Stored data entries
--------------------------------

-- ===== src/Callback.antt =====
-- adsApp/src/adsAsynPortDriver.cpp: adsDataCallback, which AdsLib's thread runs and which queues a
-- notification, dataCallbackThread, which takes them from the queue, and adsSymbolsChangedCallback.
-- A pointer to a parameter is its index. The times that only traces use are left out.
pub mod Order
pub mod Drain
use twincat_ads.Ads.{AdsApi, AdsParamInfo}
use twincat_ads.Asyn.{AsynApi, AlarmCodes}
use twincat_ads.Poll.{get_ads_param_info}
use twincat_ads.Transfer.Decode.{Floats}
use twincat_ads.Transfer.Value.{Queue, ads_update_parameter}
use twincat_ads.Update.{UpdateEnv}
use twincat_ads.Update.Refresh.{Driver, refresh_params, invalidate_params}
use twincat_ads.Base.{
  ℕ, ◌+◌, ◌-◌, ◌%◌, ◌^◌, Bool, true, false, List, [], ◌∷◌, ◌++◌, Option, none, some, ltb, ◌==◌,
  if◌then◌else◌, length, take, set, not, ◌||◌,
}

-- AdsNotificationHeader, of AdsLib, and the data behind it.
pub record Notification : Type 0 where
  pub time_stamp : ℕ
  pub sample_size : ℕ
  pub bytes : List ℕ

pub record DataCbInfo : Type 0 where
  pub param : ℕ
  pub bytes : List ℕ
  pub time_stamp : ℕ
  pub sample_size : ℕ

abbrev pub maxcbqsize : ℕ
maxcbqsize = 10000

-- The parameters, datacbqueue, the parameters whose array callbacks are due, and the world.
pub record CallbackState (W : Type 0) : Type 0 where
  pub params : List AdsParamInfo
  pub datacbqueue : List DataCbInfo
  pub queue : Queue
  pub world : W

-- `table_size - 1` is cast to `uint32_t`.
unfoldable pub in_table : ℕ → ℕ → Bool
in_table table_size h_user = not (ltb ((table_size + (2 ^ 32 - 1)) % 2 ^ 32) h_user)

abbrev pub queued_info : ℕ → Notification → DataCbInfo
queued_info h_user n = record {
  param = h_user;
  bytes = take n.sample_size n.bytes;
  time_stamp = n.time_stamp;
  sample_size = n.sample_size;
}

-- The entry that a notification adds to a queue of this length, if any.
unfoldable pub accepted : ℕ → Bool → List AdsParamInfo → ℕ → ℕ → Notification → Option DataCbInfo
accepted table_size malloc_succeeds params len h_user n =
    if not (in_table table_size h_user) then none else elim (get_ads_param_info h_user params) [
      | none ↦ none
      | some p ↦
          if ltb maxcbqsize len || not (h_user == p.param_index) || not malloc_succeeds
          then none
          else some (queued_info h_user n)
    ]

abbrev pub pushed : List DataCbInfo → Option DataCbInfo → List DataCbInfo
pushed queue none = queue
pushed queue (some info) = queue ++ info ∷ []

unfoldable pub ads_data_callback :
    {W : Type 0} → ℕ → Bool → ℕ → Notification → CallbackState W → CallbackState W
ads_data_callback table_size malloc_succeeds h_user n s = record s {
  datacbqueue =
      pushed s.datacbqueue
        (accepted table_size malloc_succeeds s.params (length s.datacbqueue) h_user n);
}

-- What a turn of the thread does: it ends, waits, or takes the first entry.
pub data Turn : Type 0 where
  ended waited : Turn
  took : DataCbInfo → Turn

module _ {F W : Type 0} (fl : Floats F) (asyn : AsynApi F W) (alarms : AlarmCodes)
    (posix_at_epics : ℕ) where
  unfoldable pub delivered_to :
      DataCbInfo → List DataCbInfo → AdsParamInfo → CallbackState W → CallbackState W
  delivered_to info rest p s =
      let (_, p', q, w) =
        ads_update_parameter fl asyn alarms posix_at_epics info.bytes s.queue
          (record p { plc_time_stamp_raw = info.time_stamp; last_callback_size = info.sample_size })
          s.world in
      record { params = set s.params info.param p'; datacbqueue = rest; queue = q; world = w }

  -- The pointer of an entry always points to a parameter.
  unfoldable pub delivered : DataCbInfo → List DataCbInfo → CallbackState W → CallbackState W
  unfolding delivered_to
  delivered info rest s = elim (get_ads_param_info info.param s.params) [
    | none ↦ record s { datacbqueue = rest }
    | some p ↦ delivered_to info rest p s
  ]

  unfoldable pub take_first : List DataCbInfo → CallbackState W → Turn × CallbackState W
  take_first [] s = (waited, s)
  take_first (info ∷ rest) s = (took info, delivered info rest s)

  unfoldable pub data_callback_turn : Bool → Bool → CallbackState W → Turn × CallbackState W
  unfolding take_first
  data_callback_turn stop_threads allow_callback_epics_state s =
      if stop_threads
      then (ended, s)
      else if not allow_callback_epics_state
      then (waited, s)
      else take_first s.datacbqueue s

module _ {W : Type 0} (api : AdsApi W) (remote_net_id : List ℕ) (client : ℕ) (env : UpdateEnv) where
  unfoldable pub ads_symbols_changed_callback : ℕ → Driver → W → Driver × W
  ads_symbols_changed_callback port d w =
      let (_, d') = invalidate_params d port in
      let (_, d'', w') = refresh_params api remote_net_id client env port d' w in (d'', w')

--------------------------------

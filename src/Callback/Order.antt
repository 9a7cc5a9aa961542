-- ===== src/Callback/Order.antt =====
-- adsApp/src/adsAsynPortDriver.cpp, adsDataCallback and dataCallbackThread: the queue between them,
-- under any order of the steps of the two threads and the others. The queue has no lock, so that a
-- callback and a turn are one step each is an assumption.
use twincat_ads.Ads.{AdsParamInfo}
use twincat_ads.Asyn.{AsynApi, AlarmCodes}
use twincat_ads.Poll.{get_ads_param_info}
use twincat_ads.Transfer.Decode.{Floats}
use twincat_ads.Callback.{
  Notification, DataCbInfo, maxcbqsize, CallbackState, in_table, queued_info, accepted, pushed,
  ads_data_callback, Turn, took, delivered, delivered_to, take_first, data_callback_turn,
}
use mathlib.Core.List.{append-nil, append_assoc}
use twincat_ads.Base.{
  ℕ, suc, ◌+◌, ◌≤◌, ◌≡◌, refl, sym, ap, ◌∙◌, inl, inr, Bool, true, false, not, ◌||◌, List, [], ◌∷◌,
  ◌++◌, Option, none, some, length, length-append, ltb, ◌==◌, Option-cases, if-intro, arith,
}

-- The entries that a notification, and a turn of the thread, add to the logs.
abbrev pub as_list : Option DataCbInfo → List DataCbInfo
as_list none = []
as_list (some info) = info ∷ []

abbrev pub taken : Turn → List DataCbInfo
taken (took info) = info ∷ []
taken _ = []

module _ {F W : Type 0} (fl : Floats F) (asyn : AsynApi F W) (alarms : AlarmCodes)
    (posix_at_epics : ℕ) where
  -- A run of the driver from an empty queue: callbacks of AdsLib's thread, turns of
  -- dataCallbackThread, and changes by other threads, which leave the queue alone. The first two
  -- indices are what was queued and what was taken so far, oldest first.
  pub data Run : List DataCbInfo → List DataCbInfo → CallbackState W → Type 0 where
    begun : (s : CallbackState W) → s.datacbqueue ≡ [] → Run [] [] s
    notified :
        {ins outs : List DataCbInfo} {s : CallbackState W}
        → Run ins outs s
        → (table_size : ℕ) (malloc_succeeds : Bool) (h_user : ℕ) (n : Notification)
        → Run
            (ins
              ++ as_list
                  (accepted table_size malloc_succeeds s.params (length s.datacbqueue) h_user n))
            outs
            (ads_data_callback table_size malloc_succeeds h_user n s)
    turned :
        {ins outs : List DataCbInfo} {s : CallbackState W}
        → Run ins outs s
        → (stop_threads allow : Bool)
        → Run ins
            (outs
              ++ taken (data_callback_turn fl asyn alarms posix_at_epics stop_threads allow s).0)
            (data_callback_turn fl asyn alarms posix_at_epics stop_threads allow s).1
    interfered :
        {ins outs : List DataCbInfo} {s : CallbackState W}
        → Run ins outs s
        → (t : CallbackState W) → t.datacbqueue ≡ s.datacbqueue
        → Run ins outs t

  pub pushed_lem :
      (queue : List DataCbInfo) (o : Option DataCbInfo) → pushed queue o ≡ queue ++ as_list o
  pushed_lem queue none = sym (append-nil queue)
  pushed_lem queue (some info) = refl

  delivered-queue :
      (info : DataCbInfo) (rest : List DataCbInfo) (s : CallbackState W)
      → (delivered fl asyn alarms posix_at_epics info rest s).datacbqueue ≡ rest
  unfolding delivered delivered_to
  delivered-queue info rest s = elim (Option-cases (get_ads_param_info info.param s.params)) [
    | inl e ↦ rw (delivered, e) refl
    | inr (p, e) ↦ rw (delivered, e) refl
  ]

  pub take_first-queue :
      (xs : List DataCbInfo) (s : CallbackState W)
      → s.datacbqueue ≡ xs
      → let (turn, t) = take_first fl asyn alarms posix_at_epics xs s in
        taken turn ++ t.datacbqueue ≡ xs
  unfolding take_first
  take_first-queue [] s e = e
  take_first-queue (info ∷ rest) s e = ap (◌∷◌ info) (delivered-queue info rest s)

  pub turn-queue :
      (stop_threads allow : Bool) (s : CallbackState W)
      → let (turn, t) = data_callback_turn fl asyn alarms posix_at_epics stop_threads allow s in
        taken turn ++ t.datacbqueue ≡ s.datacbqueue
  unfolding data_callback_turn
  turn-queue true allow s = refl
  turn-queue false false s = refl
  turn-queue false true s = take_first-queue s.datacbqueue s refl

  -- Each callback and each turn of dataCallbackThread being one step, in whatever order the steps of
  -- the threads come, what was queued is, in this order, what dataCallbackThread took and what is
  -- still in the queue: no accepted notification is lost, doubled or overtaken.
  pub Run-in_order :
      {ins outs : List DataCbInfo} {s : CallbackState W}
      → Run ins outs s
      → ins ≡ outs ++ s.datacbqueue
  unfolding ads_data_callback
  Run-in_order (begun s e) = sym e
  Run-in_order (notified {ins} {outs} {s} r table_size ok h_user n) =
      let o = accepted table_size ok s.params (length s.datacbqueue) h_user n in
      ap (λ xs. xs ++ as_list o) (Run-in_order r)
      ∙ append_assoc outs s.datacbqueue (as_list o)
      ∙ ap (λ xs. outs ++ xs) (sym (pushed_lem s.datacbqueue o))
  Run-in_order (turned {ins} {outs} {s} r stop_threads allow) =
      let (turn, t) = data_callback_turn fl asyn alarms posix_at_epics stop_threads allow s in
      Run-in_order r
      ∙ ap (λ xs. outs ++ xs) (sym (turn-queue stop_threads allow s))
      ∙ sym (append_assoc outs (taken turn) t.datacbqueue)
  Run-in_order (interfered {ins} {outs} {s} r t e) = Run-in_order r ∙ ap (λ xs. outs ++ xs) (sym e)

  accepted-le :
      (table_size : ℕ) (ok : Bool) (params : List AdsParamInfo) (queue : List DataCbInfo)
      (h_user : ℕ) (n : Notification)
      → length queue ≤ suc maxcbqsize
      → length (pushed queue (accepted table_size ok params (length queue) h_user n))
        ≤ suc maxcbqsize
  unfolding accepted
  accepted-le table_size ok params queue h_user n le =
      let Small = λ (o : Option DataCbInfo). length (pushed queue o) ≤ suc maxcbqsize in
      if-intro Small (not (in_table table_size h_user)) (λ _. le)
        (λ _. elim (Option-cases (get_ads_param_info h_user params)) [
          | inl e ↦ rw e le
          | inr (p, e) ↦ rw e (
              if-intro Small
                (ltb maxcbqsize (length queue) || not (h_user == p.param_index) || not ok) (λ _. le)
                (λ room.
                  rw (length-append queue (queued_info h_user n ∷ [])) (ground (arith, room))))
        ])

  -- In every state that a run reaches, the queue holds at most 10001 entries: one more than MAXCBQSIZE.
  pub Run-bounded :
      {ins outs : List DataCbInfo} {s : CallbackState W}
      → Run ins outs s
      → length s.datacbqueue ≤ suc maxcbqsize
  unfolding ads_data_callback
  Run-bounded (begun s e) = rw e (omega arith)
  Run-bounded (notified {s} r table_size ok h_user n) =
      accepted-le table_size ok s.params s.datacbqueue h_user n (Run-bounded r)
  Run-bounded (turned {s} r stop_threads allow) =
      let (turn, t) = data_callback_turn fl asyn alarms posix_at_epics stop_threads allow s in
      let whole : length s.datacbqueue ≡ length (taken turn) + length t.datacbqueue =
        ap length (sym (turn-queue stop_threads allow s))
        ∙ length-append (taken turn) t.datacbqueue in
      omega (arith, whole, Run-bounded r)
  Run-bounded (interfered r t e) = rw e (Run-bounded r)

--------------------------------

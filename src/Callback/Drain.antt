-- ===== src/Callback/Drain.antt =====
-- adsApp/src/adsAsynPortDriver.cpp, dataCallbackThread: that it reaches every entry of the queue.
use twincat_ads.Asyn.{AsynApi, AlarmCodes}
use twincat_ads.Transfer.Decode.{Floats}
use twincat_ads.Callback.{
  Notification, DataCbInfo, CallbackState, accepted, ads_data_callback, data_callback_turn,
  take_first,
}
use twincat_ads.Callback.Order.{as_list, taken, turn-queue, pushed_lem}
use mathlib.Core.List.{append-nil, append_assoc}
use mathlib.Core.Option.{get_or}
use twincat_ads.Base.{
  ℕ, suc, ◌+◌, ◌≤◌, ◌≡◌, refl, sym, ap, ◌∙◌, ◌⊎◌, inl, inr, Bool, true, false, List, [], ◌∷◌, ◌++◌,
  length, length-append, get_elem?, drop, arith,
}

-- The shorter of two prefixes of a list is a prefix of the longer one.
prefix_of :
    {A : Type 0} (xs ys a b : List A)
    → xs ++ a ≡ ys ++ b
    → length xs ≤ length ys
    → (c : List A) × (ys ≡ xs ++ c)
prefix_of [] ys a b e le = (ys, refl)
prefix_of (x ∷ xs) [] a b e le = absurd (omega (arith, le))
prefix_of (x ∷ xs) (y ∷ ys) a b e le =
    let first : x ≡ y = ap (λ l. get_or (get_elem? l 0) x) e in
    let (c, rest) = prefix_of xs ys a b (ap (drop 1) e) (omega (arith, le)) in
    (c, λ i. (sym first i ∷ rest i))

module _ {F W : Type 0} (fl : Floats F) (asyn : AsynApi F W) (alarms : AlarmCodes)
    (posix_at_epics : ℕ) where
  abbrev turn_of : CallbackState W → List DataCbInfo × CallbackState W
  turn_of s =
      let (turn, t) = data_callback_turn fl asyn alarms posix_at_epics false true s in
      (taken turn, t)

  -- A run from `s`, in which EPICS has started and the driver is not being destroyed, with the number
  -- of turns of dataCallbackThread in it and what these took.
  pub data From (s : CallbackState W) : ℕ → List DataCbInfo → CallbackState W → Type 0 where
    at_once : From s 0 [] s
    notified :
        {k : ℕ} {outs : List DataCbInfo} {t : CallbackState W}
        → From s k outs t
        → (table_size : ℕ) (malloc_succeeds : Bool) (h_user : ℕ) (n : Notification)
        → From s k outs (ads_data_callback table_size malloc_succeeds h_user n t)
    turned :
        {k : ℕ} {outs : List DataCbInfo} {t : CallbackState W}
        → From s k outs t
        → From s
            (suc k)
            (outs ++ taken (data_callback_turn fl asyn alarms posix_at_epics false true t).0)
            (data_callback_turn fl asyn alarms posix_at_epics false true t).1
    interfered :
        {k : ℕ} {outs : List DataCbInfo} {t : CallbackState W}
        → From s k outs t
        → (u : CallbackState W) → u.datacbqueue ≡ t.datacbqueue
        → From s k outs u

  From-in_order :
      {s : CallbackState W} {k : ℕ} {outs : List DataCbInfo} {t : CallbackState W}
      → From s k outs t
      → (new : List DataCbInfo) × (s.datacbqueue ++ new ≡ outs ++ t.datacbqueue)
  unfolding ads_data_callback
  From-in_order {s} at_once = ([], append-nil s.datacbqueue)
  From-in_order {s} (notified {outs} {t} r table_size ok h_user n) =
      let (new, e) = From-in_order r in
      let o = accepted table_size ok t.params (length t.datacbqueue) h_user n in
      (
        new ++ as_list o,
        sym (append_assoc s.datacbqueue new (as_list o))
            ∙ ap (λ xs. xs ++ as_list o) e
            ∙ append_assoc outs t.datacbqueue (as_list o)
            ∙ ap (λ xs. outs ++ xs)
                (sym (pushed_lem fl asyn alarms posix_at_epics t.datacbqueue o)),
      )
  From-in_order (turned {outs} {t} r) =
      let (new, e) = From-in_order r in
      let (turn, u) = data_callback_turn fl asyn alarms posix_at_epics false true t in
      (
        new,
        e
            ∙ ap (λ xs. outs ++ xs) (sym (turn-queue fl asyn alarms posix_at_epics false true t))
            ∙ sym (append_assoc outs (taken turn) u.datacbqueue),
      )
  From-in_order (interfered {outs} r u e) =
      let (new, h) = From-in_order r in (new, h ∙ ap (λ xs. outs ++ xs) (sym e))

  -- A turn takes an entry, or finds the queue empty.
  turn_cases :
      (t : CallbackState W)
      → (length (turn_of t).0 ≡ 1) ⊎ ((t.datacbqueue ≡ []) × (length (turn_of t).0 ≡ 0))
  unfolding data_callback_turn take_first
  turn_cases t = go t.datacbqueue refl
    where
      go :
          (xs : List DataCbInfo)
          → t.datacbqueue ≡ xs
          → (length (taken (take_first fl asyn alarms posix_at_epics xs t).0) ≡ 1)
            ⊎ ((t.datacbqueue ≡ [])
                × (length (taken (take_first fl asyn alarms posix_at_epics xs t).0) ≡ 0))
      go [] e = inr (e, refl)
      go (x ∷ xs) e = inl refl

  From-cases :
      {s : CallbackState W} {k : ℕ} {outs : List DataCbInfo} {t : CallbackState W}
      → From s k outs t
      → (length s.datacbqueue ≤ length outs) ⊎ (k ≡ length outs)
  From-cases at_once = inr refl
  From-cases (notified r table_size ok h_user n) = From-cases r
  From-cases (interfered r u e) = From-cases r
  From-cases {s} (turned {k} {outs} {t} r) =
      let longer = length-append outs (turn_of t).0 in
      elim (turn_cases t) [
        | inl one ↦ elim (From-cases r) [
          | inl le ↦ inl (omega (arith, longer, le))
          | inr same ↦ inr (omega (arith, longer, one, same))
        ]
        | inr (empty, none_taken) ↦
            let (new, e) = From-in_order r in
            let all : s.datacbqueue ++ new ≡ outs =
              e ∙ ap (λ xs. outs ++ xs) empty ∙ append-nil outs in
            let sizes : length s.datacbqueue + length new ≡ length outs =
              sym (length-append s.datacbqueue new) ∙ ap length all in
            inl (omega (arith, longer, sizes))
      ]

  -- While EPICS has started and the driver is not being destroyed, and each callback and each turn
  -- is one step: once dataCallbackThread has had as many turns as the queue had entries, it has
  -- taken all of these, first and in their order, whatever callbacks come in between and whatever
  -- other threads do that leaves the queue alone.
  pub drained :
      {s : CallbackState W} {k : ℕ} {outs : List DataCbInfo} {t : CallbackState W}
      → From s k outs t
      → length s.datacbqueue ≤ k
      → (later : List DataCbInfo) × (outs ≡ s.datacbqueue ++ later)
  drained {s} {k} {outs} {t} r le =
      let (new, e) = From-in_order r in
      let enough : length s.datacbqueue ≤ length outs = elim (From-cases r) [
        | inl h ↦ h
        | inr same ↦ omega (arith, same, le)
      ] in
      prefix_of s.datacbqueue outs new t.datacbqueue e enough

--------------------------------

# Task prompt
In the records above, find each line with the word "adsAsynPortDriver" and copy it.

# Result for this task
-- adsApp/src/adsAsynPortDriver.cpp: adsDataCallback, which AdsLib's thread runs and which queues a
-- adsApp/src/adsAsynPortDriver.cpp, adsDataCallback and dataCallbackThread: the queue between them,
-- adsApp/src/adsAsynPortDriver.cpp, dataCallbackThread: that it reaches every entry of the queue.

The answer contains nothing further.